We focus on infrastructure support for energy generation and transmission for the functioning of basic utilities - heating, water, and sewage - in war-affected areas.
In collaboration with the Government of Ukraine, the World Bank, and the European Union, the United Nations has initiated the Third Ukraine Rapid Damage and Needs Assessment. It will guide the Ukrainian Government’s investment priorities for recovery and reconstruction next year.
The previous assessment had estimated recovery costs for Ukraine at over 400 billion US dollars.
We are committed to advancing an inclusive recovery, based on rights and local needs, in communities affected by the war - leaving no one behind.
Regrettably, this war continues to cause often irreversible damage to Ukraine’s education sites and hinder children’s right to education. The Ukrainian authorities have reported that 365 educational institutions were destroyed and at least 3,428 damaged.
We are also concerned about the disregard of international law in the regions of Ukraine currently under Russian control. Russian officials are holding so-called elections, appointing Russian judges, and applying Russian law, even retroactively. Policies aimed at forcefully changing or imposing institutions and identities have far-reaching consequences and are unacceptable.
The UN Human Rights Office has also continued to document cases confirming that the use of torture has been widespread in the context of arbitrary detention in territories of Ukraine that are currently under Russian control.

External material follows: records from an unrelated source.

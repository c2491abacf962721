-- ===== src/Hosts/Examples.antt =====
-- Tests of server/gateway/src/voice_instance.
use voices.Common.{true, false, ◌≡◌, arith, some, none, [], ◌∷◌, lookup}
use voices.Net.{v4}
use voices.Crypto.Tagged.{tagged}
use voices.Ports
use voices.Forwarder
use voices.Forwarder.{Random}
use voices.Forwarder.Control.{control_msg, on_open}
use voices.Forwarder.Loop.{fresh}
use voices.VoiceServer.{VoiceServer, get_channel, healthy}
use voices.VoiceServer.Requests.{ask, open_connection_at}
use voices.Grpc.Numbers.{numbers}
use voices.Hosts.{Request, open_connection, integrated_host, remote_host}
use voices.Hosts.Choice.{Replies, voice_host_for}
use voices.Hosts.Chosen.{Chosen, voice_host_for-Chosen}
use voices.Hosts.{missing}
use voices.VoiceServer.Requests.{ok, err}
use voices.Hosts.Same.{over_grpc, HasPorts, remote-integrated}

abbrev drawn : Random
drawn = record { source_id = 7; crypt_key = 3 ∷ [] }

abbrev one_channel : VoiceServer
one_channel = record {
  host_addr = v4 0x7f000001;
  ports = Ports.new 0 33333 2;
  channels = (4, record { channel_ctl = 0; port = record { port = 33333; taken = 0 } }) ∷ [];
  rooms = (0, fresh 0) ∷ [];
  next_ctl = 1;
}

abbrev opening : Request
opening = open_connection (record { user_name = "bob"; channel_id = 4; client_id = 2 })

opening-HasPorts : HasPorts (integrated_host tagged 9 drawn opening one_channel).0
unfolding integrated_host open_connection_at ask get_channel healthy lookup control_msg on_open
    Forwarder.new
opening-HasPorts = omega arith

remote-integrated_example :
    remote_host numbers tagged 9 drawn opening one_channel
    ≡ over_grpc (integrated_host tagged 9 drawn opening one_channel)
remote-integrated_example =
    remote-integrated numbers tagged 9 drawn opening one_channel tt opening-HasPorts

-- A host that lost the channel takes it again.
abbrev lost : Replies
lost = record {
  channel = ok (some "http://voice");
  parses = λ host. true;
  status = λ host. err (missing (7 ∷ []));
  takes = λ host. true;
  assignment = none;
}

voice_host_for-Chosen_example : Chosen lost 4 false (voice_host_for lost 4 false)
voice_host_for-Chosen_example = voice_host_for-Chosen lost 4 false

Accountability for all violations of human rights must be ensured, in line with international norms and standards.
In September, the Secretary-General urged all countries to do their part to prevent further escalation in Ukraine, and to lay the foundations for sustainable peace. Instead, attacks have increased and conditions on the ground deteriorated.
While prospects for peace may seem distant, and the risk of further escalation looms, urgent efforts must be undertaken to minimize the impact on civilians.
Amidst global challenges and crises, the international community must sustain its focus on Ukraine and end the suffering caused by this war.
As the Secretary-General underlined, peace in Ukraine must remain a priority - a just and lasting peace, in line with the Charter, international law, and the resolutions of the General Assembly. We remain ready to support all meaningful efforts to that end.